# Sprinter Supreme Corp Service body



## Pac Rim Plumber (Jun 23, 2010)

I am sitting here drooling right now, my boss just picked up a Sprinter 
Chassis with a Supreme Corp Service body on it.

http://www.supremecorp.com/media/pdf/Sprinter Brochure Final.pdf

It looks like I will be the lucky person who will get the truck. I currently am running a Ford LCF with a Knapheide box on back. The Knapheide box comes with its internal shelving, with the added bonus of sloped sides so you have limited space. 
The sprinter has no shelving at the present, does anybody have one of these and what did you set up inside??


----------



## rocksteady (Oct 8, 2008)

Nice looking rig but is it really only a 3/4 ton?






Paul


----------



## Pac Rim Plumber (Jun 23, 2010)

The truck is a 1 ton


----------



## Pac Rim Plumber (Jun 23, 2010)

Just finished going through older posts like I should have before starting a new post. Does anyone have pictures of a rack built out of the angle iron discussed in the following thread?

http://www.plumbingzone.com/f10/van-storage-options-6447/

The roads here can be very rough, and we will need to build the shelving to keep items from falling out. Also where have most of you acquired the trays with dividers from, best prices?


----------



## Plumber Jim (Jun 19, 2008)

Pac Rim Plumber said:


> Just finished going through older posts like I should have before starting a new post. Does anyone have pictures of a rack built out of the angle iron discussed in the following thread?
> 
> http://www.plumbingzone.com/f10/van-storage-options-6447/
> 
> The roads here can be very rough, and we will need to build the shelving to keep items from falling out. Also where have most of you acquired the trays with dividers from, best prices?
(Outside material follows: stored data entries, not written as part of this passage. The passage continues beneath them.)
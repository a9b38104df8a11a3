-- ===== src/Schedule/Cron.antt =====
-- apps/gateway/src/cron_channel.ts: the tasks of the scheduler and when they fire next. `now` is the clock; a
-- `LocalClock` is what Date does in local time. The handler is set exactly while the scheduler is started.
use blue_tanuki.Base.{
  ℕ, suc, ◌+◌, ◌-◌, String, ◌==◌, Bool, true, false, not, ◌&&◌, Option, none, some, List, [], ◌∷◌,
  ◌++◌, map, ltb, leb, or_else, if◌then◌else◌, Result, ok, thrown, ◌>>=◌,
}
use blue_tanuki.Base.Text.{◌<>◌, show, includes}
use blue_tanuki.Base.Trim.{trim}
use blue_tanuki.Base.Dict.{get, put, remove}
use blue_tanuki.Schedule.Types.{
  TaskName, TaskOrigin, CronTask, NormalizedTask, CronRuntime, CronScheduler, CronTaskSnapshot,
}
use blue_tanuki.Schedule.Args.{is_id, time_parts, is_clock, cron_payload_hash}

-- `setHours` of an hour and a minute on the day of a time, and the same time on the next day.
pub record LocalClock : Type 0 where
  pub set_hours : ℕ → ℕ × ℕ → ℕ
  pub next_day : ℕ → ℕ

abbrev pub in_range : String → Option (ℕ × ℕ) → Result String (ℕ × ℕ)
in_range text none = thrown ("invalid scheduled time: " <> text)
in_range text (some clock) =
    if is_clock (some clock) then ok clock else thrown ("invalid scheduled time: " <> text)

unfoldable pub parse_local_time : String → Result String (ℕ × ℕ)
parse_local_time text = in_range text (time_parts text)

unfoldable pub require_trimmed : String → String → Result String String
require_trimmed value label =
    if trim value == "" then thrown (label <> " must be non-empty") else ok (trim value)

abbrev pub checked_id : List String → String → Result String String
checked_id seen id =
    if not (is_id id)
    then thrown ("cron task id '" <> id <> "' must match /^[A-Za-z0-9][A-Za-z0-9_.:-]{0,63}$/")
    else if includes seen id
    then thrown ("duplicate cron task id: " <> id)
    else ok id

abbrev pub create_runtime : NormalizedTask → CronRuntime
create_runtime task = record {
  task = task;
  running = false;
  next_fire_at_ms = none;
  last_fire_at_ms = none;
}

abbrev pub stop_runtime : CronRuntime → CronRuntime
stop_runtime r = record r { running = false; next_fire_at_ms = none }

unfoldable pub snapshot_for_runtime : CronRuntime → CronTaskSnapshot
snapshot_for_runtime r = record {
  id = r.task.id;
  name = r.task.name;
  origin = r.task.origin;
  enabled = r.task.enabled;
  running = r.running;
  channel = r.task.channel;
  target = r.task.target;
  time = r.task.time;
  interval_ms = r.task.interval_ms;
  payload_hash = r.task.payload_hash;
  next_fire_at_ms = r.next_fire_at_ms;
  last_fire_at_ms = r.last_fire_at_ms;
}

module _ (digest : String → String → String → String → Option ℕ → String) where
  abbrev pub task_hash : CronTask → String
  task_hash task =
      or_else task.payload_hash
        (cron_payload_hash digest task.channel task.target task.content task.time task.interval_ms)

  -- one task, after those with the ids `seen`
  unfoldable pub normalize_cron_task : List String → ℕ → CronTask → Result String NormalizedTask
  normalize_cron_task seen index task =
      require_trimmed task.id ("cron task " <> show index <> " id") >>= λ trimmed.
      checked_id seen trimmed >>= λ id.
      let time = or_else task.time "07:00" in
      parse_local_time time >>= λ _.
      require_trimmed task.channel ("cron task " <> id <> " channel") >>= λ channel.
      require_trimmed task.target ("cron task " <> id <> " target") >>= λ target.
      require_trimmed task.content ("cron task " <> id <> " content") >>= λ content. ok (record {
        id = id;
        name = or_else task.name TaskName.scheduled_message;
        origin = or_else task.origin TaskOrigin.boot;
        enabled = or_else task.enabled true;
        channel = channel;
        target = target;
        content = content;
        time = time;
        interval_ms = task.interval_ms;
        payload_hash = task_hash task;
      })

  unfoldable pub normalize_cron_tasks :
      List String → ℕ → List CronTask → Result String (List NormalizedTask)
  normalize_cron_tasks seen index [] = ok []
  normalize_cron_tasks seen index (task ∷ tasks) = normalize_cron_task seen index task >>= λ t.
      normalize_cron_tasks (seen ++ t.id ∷ []) (suc index) tasks >>= λ rest. ok (t ∷ rest)

  abbrev pub with_runtimes : CronScheduler → List NormalizedTask → CronScheduler
  with_runtimes c [] = c
  with_runtimes c (t ∷ ts) =
      with_runtimes (record c { runtimes = put c.runtimes t.id (create_runtime t) }) ts

  unfoldable pub open_scheduler : List CronTask → Result String CronScheduler
  open_scheduler tasks = normalize_cron_tasks [] 0 tasks >>= λ ts.
      ok (with_runtimes (record { started = false; runtimes = [] }) ts)

-- `delayUntilLocalTime`
abbrev pub until : ℕ → ℕ → ℕ → ℕ
until now next later = if leb next now then later - now else next - now

unfoldable pub delay_until_local_time : LocalClock → String → ℕ → Result String ℕ
delay_until_local_time local time now = parse_local_time time >>= λ clock.
    let next = local.set_hours now clock in ok (until now next (local.next_day next))

unfoldable pub schedule_next_daily : LocalClock → CronRuntime → ℕ → Result String CronRuntime
schedule_next_daily local r now = delay_until_local_time local r.task.time now >>= λ delay.
    ok (record r { next_fire_at_ms = some (now + delay) })

unfoldable pub schedule_task : LocalClock → CronRuntime → ℕ → Result String CronRuntime
schedule_task local r now = elim r.task.interval_ms [
  | none ↦ schedule_next_daily local (record r { running = true }) now
  | some interval_ms ↦
      if ltb 0 interval_ms
      then ok (record r { running = true; next_fire_at_ms = some (now + interval_ms) })
      else schedule_next_daily local (record r { running = true }) now
]

abbrev pub put_runtime : CronScheduler → CronRuntime → CronScheduler
put_runtime c r = record c { runtimes = put c.runtimes r.task.id r }

-- what `upsertTask` gives once the runtime is scheduled, or scheduling has thrown
abbrev pub scheduled :
    CronScheduler
    → CronRuntime
    → Result String CronRuntime
    → Result String CronTaskSnapshot × CronScheduler
scheduled c r (thrown e) = (thrown e, put_runtime c (record r { running = true }))
scheduled c r (ok s) = (ok (snapshot_for_runtime s), put_runtime c s)

abbrev pub place_task :
    LocalClock
    → CronScheduler
    → ℕ
    → Result String NormalizedTask
    → Result String CronTaskSnapshot × CronScheduler
place_task local c now (thrown e) = (thrown e, c)
place_task local c now (ok task) =
    let r = create_runtime task in
    if c.started && task.enabled
    then scheduled c r (schedule_task local r now)
    else (ok (snapshot_for_runtime r), put_runtime c r)

-- An earlier runtime of the same id is stopped and replaced.
unfoldable pub upsert_task :
    (String → String → String → String → Option ℕ → String)
    → LocalClock
    → CronScheduler
    → CronTask
    → ℕ
    → Result String CronTaskSnapshot × CronScheduler
upsert_task digest local c task now = place_task local c now (normalize_cron_task digest [] 0 task)

unfoldable pub remove_task : CronScheduler → String → Bool × CronScheduler
remove_task c id = elim (get c.runtimes id) [
  | none ↦ (false, c)
  | some _ ↦ (true, record c { runtimes = remove c.runtimes id })
]

-- every runtime that is enabled, in turn
unfoldable pub start_all :
    LocalClock → List (String × CronRuntime) → ℕ → Result String Unit × List (String × CronRuntime)
start_all local [] now = (ok tt, [])
start_all local ((id, r) ∷ rs) now =
    let rest = start_all local rs now in
    if not r.task.enabled then (rest.0, (id, r) ∷ rest.1) else elim (schedule_task local r now) [
      | ok s ↦ (rest.0, (id, s) ∷ rest.1)
      | thrown e ↦ (thrown e, (id, record r { running = true }) ∷ rs)
    ]

unfoldable pub start : LocalClock → CronScheduler → ℕ → Result String Unit × CronScheduler
start local c now =
    let r = start_all local c.runtimes now in
    if c.started then (ok tt, c) else (r.0, record { started = true; runtimes = r.1 })

abbrev pub stop : CronScheduler → CronScheduler
stop c = record { started = false; runtimes = map (λ e. (e.0, stop_runtime e.1)) c.runtimes }

unfoldable pub cron_snapshot : CronScheduler → List CronTaskSnapshot
cron_snapshot c = map (λ e. snapshot_for_runtime e.1) c.runtimes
Do you mean the ones i spoke of?


----------



## Pac Rim Plumber (Jun 23, 2010)

Yes PJ the ones you discussed


----------



## Redwood (Sep 8, 2008)

I'd use something like this...
Slotted Steel Angle 1-1/2" X 1-1/2" X 60"


----------



## plbgbiz (Aug 27, 2010)

I used the holy angle iron to build some shelves in my first Isuzu. Worked great.

However....don't forget the lock washers. :whistling2:


----------



## Redwood (Sep 8, 2008)

plbgbiz said:


> I used the holy angle iron to build some shelves in my first Isuzu. Worked great.
> 
> However....don't forget the lock washers. :whistling2:


Yea definitely don't forget those! :thumbup:

I also used Esna Locking Nuts on mine...


----------



## U666A (Dec 11, 2010)

plbgbiz said:


> I used the holy angle iron to build some shelves in my first Isuzu. Worked great.
> 
> However....don't forget the lock washers. :whistling2:


The catholic metal supply shop in town closed up shop so I have nowhere to buy holy slotted angle anymore...

Sent from my iPhone using Wit and Sarcasm


----------



## Master Mark (Aug 14, 2009)

*granger has the angle iron*

5 20 foot lenghts of it cost about 175 bucks... at granger if you have tha tin hawaii....

I used 3 boxes of the lighter stuff to build my shelving in 
my box van with plywood shelves in it.....

the normal bolts that come in the box worked great , tighten them down then
smear a little PVC glue on them 

they dont go no where...


----------



## Pac Rim Plumber (Jun 23, 2010)

How far apart are you putting the vertical supports?
I will most likely use Fastenal, they are on island, Grainger ships here but with shipping cost I might as well visit the box store


----------



## gear junkie (Jun 20, 2008)

The shelves I posted in the attatched thread are still going great with no problems. I use rubbermaid containers to organize everything.


----------